**Aim of the exercise**
The response must consist of the lines below from the one with "-- ===== src/Notifications/Messages.antt" through the one with "abbrev pub email_routing_key : String", exactly as they appear and with both ends kept.

**Input data**
___

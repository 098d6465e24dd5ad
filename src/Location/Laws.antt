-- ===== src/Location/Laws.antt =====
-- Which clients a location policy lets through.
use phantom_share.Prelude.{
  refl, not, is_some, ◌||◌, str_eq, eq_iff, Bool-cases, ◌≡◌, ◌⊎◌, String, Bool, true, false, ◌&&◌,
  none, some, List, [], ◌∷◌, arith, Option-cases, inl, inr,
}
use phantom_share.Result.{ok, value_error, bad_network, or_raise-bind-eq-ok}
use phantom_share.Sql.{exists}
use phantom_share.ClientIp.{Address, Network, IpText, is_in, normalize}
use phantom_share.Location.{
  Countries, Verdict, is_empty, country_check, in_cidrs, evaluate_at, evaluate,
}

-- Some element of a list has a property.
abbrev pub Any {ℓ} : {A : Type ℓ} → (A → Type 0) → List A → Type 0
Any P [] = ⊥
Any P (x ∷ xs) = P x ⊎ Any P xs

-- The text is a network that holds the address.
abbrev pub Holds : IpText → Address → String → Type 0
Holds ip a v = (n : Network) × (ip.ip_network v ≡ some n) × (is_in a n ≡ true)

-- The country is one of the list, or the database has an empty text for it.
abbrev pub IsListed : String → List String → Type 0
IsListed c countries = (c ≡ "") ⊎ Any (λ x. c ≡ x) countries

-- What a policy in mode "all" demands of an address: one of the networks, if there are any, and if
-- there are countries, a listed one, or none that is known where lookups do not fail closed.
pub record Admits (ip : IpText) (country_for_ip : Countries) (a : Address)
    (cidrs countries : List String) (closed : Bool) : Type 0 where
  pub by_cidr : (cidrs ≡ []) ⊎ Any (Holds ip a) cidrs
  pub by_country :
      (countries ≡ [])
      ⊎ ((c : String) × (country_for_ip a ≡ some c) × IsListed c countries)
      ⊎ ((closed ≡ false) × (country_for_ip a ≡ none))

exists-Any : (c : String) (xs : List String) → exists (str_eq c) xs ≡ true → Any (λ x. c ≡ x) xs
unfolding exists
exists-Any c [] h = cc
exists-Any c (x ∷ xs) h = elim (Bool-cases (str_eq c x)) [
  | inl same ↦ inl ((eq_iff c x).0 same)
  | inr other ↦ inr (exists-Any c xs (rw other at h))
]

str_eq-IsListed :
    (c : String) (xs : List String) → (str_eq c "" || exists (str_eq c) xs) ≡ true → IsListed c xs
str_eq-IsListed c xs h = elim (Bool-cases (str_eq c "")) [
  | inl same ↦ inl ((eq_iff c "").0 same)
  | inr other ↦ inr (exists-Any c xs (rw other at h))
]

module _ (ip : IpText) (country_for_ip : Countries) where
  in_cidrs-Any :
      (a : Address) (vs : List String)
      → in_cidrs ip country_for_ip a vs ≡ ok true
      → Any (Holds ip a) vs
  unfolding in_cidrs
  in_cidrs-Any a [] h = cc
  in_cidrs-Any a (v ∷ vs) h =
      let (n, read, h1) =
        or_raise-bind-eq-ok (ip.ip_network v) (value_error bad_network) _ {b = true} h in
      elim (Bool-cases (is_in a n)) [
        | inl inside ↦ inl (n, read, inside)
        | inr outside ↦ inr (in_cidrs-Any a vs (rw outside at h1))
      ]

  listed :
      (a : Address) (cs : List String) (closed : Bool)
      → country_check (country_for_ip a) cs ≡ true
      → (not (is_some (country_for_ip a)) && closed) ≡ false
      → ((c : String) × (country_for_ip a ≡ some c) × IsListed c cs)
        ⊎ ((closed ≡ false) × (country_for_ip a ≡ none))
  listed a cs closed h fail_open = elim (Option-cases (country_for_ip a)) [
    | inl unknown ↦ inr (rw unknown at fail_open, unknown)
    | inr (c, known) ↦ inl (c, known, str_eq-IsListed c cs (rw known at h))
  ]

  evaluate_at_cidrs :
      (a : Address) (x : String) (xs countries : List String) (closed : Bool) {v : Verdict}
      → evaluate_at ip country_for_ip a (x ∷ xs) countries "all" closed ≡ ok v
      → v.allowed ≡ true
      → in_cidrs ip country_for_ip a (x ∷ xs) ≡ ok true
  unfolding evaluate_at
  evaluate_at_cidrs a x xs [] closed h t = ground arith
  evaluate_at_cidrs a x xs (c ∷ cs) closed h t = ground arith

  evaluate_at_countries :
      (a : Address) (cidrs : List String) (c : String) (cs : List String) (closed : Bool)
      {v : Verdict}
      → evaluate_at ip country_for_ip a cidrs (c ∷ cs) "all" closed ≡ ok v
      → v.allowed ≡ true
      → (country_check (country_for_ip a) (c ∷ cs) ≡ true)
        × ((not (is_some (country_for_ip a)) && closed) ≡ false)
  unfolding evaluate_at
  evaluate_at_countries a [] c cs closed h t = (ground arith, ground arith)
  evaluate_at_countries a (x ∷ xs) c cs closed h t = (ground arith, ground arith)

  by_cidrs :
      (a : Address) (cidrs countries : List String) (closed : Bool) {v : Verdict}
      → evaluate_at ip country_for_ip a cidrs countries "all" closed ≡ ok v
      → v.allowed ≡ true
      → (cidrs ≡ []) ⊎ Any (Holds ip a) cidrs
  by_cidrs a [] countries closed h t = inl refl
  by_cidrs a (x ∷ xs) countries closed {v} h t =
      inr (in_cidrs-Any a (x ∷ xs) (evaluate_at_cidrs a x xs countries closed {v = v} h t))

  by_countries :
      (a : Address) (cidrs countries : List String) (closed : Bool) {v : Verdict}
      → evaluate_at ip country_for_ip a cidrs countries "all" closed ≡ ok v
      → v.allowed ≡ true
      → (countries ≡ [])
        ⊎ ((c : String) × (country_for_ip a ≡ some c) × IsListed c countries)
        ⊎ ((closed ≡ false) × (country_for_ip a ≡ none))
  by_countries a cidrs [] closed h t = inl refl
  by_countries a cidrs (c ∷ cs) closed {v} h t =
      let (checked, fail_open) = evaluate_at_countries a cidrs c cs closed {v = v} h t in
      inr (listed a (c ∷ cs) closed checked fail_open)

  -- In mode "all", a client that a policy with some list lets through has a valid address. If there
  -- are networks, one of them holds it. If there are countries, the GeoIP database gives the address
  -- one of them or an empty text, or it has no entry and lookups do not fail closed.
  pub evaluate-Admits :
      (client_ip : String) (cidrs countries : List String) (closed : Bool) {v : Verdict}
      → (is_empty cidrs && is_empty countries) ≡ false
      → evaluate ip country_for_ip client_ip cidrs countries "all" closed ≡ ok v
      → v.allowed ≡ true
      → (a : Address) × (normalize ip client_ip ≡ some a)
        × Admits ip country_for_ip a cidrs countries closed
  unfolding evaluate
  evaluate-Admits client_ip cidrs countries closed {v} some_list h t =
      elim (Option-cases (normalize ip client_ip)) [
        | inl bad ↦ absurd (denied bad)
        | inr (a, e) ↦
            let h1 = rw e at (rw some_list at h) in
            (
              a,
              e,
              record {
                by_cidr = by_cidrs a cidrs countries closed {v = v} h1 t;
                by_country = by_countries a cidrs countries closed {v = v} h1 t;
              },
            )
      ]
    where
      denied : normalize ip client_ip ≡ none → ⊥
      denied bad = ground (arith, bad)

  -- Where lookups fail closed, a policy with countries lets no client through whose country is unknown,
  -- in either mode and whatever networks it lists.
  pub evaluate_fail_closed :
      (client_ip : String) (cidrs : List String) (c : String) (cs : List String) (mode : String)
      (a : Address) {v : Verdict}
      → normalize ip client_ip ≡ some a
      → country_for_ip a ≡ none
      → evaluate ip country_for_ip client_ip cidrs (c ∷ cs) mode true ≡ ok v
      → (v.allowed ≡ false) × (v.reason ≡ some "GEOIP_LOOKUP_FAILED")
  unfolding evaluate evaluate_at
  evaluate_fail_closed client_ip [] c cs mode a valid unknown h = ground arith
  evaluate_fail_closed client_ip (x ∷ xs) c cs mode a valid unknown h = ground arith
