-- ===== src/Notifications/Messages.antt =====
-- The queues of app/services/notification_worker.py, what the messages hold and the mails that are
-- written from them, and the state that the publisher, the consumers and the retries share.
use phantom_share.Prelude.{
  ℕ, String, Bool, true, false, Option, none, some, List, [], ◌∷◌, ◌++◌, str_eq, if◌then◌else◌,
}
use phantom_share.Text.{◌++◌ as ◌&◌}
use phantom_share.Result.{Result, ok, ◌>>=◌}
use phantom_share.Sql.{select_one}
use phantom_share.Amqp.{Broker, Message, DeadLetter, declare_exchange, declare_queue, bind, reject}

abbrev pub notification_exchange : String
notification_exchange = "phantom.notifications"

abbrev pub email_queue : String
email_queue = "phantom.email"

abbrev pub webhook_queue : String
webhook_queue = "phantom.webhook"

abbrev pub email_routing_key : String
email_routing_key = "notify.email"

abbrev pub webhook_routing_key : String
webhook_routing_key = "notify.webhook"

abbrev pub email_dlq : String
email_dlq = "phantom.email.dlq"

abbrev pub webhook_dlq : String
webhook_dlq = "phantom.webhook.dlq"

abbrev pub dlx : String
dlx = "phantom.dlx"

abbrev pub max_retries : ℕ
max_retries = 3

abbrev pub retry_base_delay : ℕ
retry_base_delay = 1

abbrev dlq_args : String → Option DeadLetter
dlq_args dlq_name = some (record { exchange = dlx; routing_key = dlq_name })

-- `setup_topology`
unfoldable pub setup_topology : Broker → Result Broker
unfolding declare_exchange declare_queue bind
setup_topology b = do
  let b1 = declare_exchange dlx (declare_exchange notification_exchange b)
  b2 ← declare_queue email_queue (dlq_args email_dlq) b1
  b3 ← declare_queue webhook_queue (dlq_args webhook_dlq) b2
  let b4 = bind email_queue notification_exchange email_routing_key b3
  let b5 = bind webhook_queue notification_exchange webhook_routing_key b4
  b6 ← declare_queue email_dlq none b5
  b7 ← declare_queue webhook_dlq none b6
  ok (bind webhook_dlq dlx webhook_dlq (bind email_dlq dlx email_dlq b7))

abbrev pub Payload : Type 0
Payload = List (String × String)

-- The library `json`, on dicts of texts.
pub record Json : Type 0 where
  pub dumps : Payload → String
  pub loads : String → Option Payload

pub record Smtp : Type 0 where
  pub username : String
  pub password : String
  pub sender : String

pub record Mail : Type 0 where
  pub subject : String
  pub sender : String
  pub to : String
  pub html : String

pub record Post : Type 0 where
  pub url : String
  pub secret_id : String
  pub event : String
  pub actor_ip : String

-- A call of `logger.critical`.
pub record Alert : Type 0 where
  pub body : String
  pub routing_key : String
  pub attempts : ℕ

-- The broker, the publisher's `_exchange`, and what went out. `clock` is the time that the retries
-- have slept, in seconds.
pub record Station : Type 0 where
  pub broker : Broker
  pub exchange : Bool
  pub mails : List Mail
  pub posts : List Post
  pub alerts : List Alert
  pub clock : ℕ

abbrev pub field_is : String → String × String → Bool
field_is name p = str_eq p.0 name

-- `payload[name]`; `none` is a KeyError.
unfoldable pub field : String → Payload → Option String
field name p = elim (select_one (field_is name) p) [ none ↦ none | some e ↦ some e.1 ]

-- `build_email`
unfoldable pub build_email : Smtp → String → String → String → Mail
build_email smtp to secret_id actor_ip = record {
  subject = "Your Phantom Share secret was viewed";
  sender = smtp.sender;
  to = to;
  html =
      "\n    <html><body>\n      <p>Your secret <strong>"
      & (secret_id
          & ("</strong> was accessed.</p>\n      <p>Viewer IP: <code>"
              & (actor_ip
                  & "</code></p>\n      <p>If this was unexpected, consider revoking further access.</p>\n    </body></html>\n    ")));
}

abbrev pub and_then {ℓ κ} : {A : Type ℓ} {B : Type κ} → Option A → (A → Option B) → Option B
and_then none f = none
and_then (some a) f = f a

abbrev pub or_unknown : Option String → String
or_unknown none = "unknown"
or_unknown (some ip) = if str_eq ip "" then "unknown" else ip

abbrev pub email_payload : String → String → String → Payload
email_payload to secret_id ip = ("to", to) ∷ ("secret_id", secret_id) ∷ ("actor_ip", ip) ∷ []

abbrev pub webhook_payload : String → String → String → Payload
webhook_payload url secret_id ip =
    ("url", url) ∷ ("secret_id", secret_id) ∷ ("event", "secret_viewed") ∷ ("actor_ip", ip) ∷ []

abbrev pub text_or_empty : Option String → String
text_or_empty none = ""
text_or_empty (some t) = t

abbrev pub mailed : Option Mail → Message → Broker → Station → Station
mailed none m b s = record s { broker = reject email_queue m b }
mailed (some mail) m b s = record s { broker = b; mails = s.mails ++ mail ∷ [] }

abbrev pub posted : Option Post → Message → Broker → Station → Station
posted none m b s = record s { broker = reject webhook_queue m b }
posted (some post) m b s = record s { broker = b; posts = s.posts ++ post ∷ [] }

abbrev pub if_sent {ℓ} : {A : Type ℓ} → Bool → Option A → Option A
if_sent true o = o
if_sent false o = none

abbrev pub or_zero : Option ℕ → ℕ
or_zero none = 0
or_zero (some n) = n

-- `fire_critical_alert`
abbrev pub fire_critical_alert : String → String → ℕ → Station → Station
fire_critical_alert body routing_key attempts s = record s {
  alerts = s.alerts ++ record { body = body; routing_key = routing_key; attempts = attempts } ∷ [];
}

___

**Output**
-- ===== src/Notifications/Messages.antt =====
-- The queues of app/services/notification_worker.py, what the messages hold and the mails that are
-- written from them, and the state that the publisher, the consumers and the retries share.
use phantom_share.Prelude.{
  ℕ, String, Bool, true, false, Option, none, some, List, [], ◌∷◌, ◌++◌, str_eq, if◌then◌else◌,
}
use phantom_share.Text.{◌++◌ as ◌&◌}
use phantom_share.Result.{Result, ok, ◌>>=◌}
use phantom_share.Sql.{select_one}
use phantom_share.Amqp.{Broker, Message, DeadLetter, declare_exchange, declare_queue, bind, reject}

abbrev pub notification_exchange : String
notification_exchange = "phantom.notifications"

abbrev pub email_queue : String
email_queue = "phantom.email"

abbrev pub webhook_queue : String
webhook_queue = "phantom.webhook"

abbrev pub email_routing_key : String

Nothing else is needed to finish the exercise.